Throughout American history, Afro-Americans have had to decide whether they belonged in the United States or if they should go elsewhere. Slavery no doubtfully had a great impact upon their decisions. However, despite their troubles African Americans have made a grand contribution and a great impact on our armed forces since the Revolutionary War. The Afro-American has fought against its country's wars, and they have also fought the war within their country to gain the right to fight and freedom.

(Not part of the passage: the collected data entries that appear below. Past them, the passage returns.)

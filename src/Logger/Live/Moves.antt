-- ===== src/Logger/Live/Moves.antt =====
-- src/logger.cpp: what the steps of `pop` do to the queue of the drain thread.
use mpmc_logger.Prelude.{ℕ, ◌≡◌, ◌≢◌, refl, ap, List, [], ◌∷◌, update_self}
use mpmc_logger.Queue.{MpmcQueue}
use mpmc_logger.Entry.{LogEntry}
use mpmc_logger.Concurrent.{Consumer, waiting, Consume, System}
use mpmc_logger.Logger.{queue_size}
use mpmc_logger.Logger.Live.{
  Place, ended, IsPopping, in_batch, in_last, NotFound, is_inactive, no_item,
}

pub popping_going : {p : Place} (seen : System LogEntry) → IsPopping p → p ≢ ended seen
popping_going seen in_batch h = cc
popping_going seen in_last h = cc

pub ended_inj : {s t : System LogEntry} → ended s ≡ ended t → s ≡ t
ended_inj h = cc

-- Inside `pop` the queue stays as it is.
pub Consume-inside :
    {c : ℕ} {q q' : MpmcQueue LogEntry} {p p' : Consumer LogEntry} {xs : List LogEntry}
    → Consume queue_size c q p q' p' xs
    → p' ≢ waiting
    → q' ≡ q
Consume-inside (Consume.inactive lt off) ne = refl
Consume-inside (Consume.enter on) ne = refl
Consume-inside Consume.load_tail ne = refl
Consume-inside (Consume.not_ready e) ne = refl
Consume-inside (Consume.is_ready e) ne = refl
Consume-inside Consume.read ne = refl
Consume-inside Consume.store_tail ne = absurd (ne refl)
Consume-inside (Consume.unregister lt) ne = absurd (ne refl)

nil_cons : {e : LogEntry} {es : List LogEntry} → [] ≢ e ∷ es
nil_cons h = cc

-- A `pop` that returns an entry leaves the consumer active.
pub Consume-taken :
    {c : ℕ} {q q' : MpmcQueue LogEntry} {p p' : Consumer LogEntry} {xs : List LogEntry}
    {e : LogEntry}
    → Consume queue_size c q p q' p' xs
    → xs ≡ e ∷ []
    → (q'.consumers c).active ≡ (q.consumers c).active
Consume-taken (Consume.inactive lt off) h = absurd (nil_cons h)
Consume-taken (Consume.enter on) h = absurd (nil_cons h)
Consume-taken Consume.load_tail h = absurd (nil_cons h)
Consume-taken (Consume.not_ready e) h = absurd (nil_cons h)
Consume-taken (Consume.is_ready e) h = absurd (nil_cons h)
Consume-taken Consume.read h = absurd (nil_cons h)
Consume-taken {c} {q} Consume.store_tail h = ap (λ r. r.active) (update_self q.consumers c _)
Consume-taken (Consume.unregister lt) h = absurd (nil_cons h)

pub NotFound-Consume :
    {c : ℕ} {q : MpmcQueue LogEntry} {p : Consumer LogEntry}
    → NotFound c q p
    → Consume queue_size c q p q waiting []
NotFound-Consume (is_inactive lt off) = Consume.inactive lt off
NotFound-Consume (no_item ne) = Consume.not_ready ne
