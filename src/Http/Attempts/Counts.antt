-- ===== src/Http/Attempts/Counts.antt =====
-- How many clients the attempts dial, and how often they call Close on one.
use deskaone_sdk.Shared.{ℕ, suc, ◌+◌, ◌*◌, ◌≤◌, ◌≡◌}
use deskaone_sdk.Shared.{List, ◌++◌, All}
use deskaone_sdk.Tcp.{TcpClient}
use deskaone_sdk.Shared.{length}
use deskaone_sdk.Shared.{Option, none, some, Result, ok, err}
use deskaone_sdk.Shared.Int.{pos_part}
use deskaone_sdk.Http.{HttpError}
use deskaone_sdk.Http.Exchange.{HttpClient, Outside}
use deskaone_sdk.Http.Client.{Network}
use deskaone_sdk.Http.Client.Closing.{Shut}
use deskaone_sdk.Http.Attempts.{rounds_up_to}

-- Behind a call, Close was called as often as a client was dialled since `net`, but for `n` that the
-- caller holds; those that it was called on, `new`, are shut; at most `most` were dialled.
pub record Counts {W : Type 0} (net : Network W) (n most : ℕ) (next : Network W) : Type 0 where
  pub new : List TcpClient
  pub added : next.given_up ≡ net.given_up ++ new
  pub shut : All Shut new
  pub balanced : length new + n + net.dialled ≡ next.dialled
  pub within : next.dialled ≤ net.dialled + most

-- Networks that do not differ in their connections.
record SameCounts {W : Type 0} (net next : Network W) : Type 0 where
  given_up : next.given_up ≡ net.given_up
  dialled : next.dialled ≡ net.dialled

-- The connections that a result holds, each response `each` of them.
abbrev pub held_by : {A : Type 0} → ℕ → Result HttpError A → ℕ
held_by each (ok a) = each
held_by each (err e) = 0

abbrev pub held_option : {A : Type 0} → ℕ → Result HttpError (Option A) → ℕ
held_option each (ok none) = 0
held_option each (ok (some a)) = each
held_option each (err e) = 0

module _ {W D : Type 0} (o : Outside W D) (sizes : ℕ → ℕ) (rounds : ℕ) where
  -- The most connections that a call dials: a round of redirects for each attempt.
  abbrev pub most_dialled : HttpClient → ℕ
  most_dialled c = rounds_up_to c.max_retries * suc (pos_part c.max_redirects)
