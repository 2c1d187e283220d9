-- ===== src/Http/Client/Following.antt =====
-- The answer that ends the redirects.
use deskaone_sdk.Shared.{ℕ, zero, suc, ◌≡◌, refl, sym, true, false, Bool-cases, inl, inr, arith}
use deskaone_sdk.Shared.{ok, Result-cases, List, [], ◌∷◌, ◌⊎◌}
use deskaone_sdk.Shared.Int.{ℤ}
use deskaone_sdk.Shared.Text.{codes, is_empty_text}
use deskaone_sdk.Http.{
  Headers, is_redirect_status, HttpRequest, HttpResponse, get_header, next_redirect_request,
}
use deskaone_sdk.Http.Exchange.{HttpClient, Outside}
use deskaone_sdk.Http.Client.{Network, do_once, follow, is_final, resolve_redirect_url}

empty_of_is_empty : (s : List ℕ) → is_empty_text s ≡ true → s ≡ []
empty_of_is_empty [] h = refl
empty_of_is_empty (b ∷ s) h = absurd (ground arith)

module _ {W D : Type 0} (o : Outside W D) (sizes : ℕ → ℕ) (rounds : ℕ) where
  -- Where the loop gives an answer, it is one that the redirects end with.
  pub follow-final :
      (c : HttpClient) (n : ℕ) (req : HttpRequest) (net : Network W) (res : HttpResponse)
      → (follow o sizes rounds c n req net).0 ≡ ok res
      → is_final o sizes rounds res.status_code res.headers ≡ true
  unfolding follow
  follow-final c zero req net res h = absurd (ground arith)
  follow-final c (suc left) req net res h =
      elim (Result-cases (do_once o sizes rounds c req net).0) [
        | inr (e, q) ↦ absurd (let g = rw q at h in ground arith)
        | inl (got, q) ↦
            (let g = rw q at h in
              elim (Bool-cases (is_final o sizes rounds got.status_code got.headers)) [
                | inl final ↦
                    (let e : ok got ≡ ok res = rw final at g in
                      let same : got ≡ res = cc in rw (sym same) final)
                | inr moved ↦
                    (let g' = rw moved at g in
                      elim (Result-cases (
                        resolve_redirect_url o sizes rounds req.url
                          (get_header got.headers (codes "Location")))) [
                            | inr (e, q') ↦ absurd (let x = rw q' at g' in ground arith)
                            | inl (url, q') ↦
                                follow-final c left (next_redirect_request req url got.status_code)
                                  (do_once o sizes rounds c req net).1 res (rw q' at g')
                          ])
              ])
      ]

  pub is_final-cases :
      (code : ℤ) (headers : Headers)
      → is_final o sizes rounds code headers ≡ true
      → (is_redirect_status code ≡ false) ⊎ (get_header headers (codes "Location") ≡ [])
  unfolding is_final
  is_final-cases code headers h = elim (Bool-cases (is_redirect_status code)) [
    | inr e ↦ inl e
    | inl e ↦ inr (empty_of_is_empty (get_header headers (codes "Location")) (rw e at h))
  ]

America's first war, its war for independence from Great Britain was a great accomplishment. This achievement could not have been performed if not for the black soldiers in the armies. "The first American to shed blood in the revolution that freed America from British rule was Crispus Attucks, a Black seaman." (Mullen 9) Attucks along with four white men were killed in the Boston Massacre of March 5, 1770. Even though Attucks was a fugitive slave running from his master, he was still willing to fight against England along with other whites and give the ultimate sacrifice, his life, for freedom. This wasn't the only incident of Blacks giving it all during the War for Independence.

From the first battles of Concord and Lexington in 1775, Black soldiers "took up arms against the mother country." (Mullen 11) Of the many Black men who fought in those battles, the most famous are Peter Salem, Cato Stedman, Cuff Whittemore, Cato Wood, Prince Estabrook, Caesar Ferritt, Samuel Craft, Lemuel Haynes, and Pomp Blackman. One of the most distinguished heroes o the Battle of Bunker Hill was Peter Salem who, according to some sources, fired the shot that killed Major John Pitcairn of the Royal Marines. But Peter Salem wasn't the only Black hero during the Revolutionary War.

Another Black man, Salem Poor, also made a hero of himself at Bunker Hill. Because of his bravery at the battle, he was commended by several officers to the Continental Congress. "Equally gallant at Bunker Hill were Pomp Fisk, Grant Coope, Charleston Eads, Seymour Burr, Titus Coburn, Cuff Hayes, and Caesar Dickenson." (Wilson 32) Of these men, Caesar Brown and Cuff Hayes were killed during the battle. Even though the Afro-American soldiers clearly distinguished themselves as soldiers, they were by no means wanted in the army. "Shortly after General Washington took command of the Army, the white colonists decided that not only should no Black slaves or freemen be enlisted, but that those already serving in the Army should be dismissed." (Mullen 12)

The colonists would probably have kept Blacks out of the military during the war if not for the proclamation by the Lord of Dunmore. He stated "I do hereby... declare all... Negroes... free, that are able and willing to bear arms, they joining his Majesty's troops, as soon as may be, for the more speedily reducing this colony to a proper dignity." This meant that any black soldiers willing to fight for the British would be declared legally free. Therefore, the Americans couldn't afford to deny Black Americans, free or not, from joining the army. Less than a month following Lord Dunmore's proclamation, General George Washington officially reversed his policy about letting "free Negroes to enlist." (Fowler 21)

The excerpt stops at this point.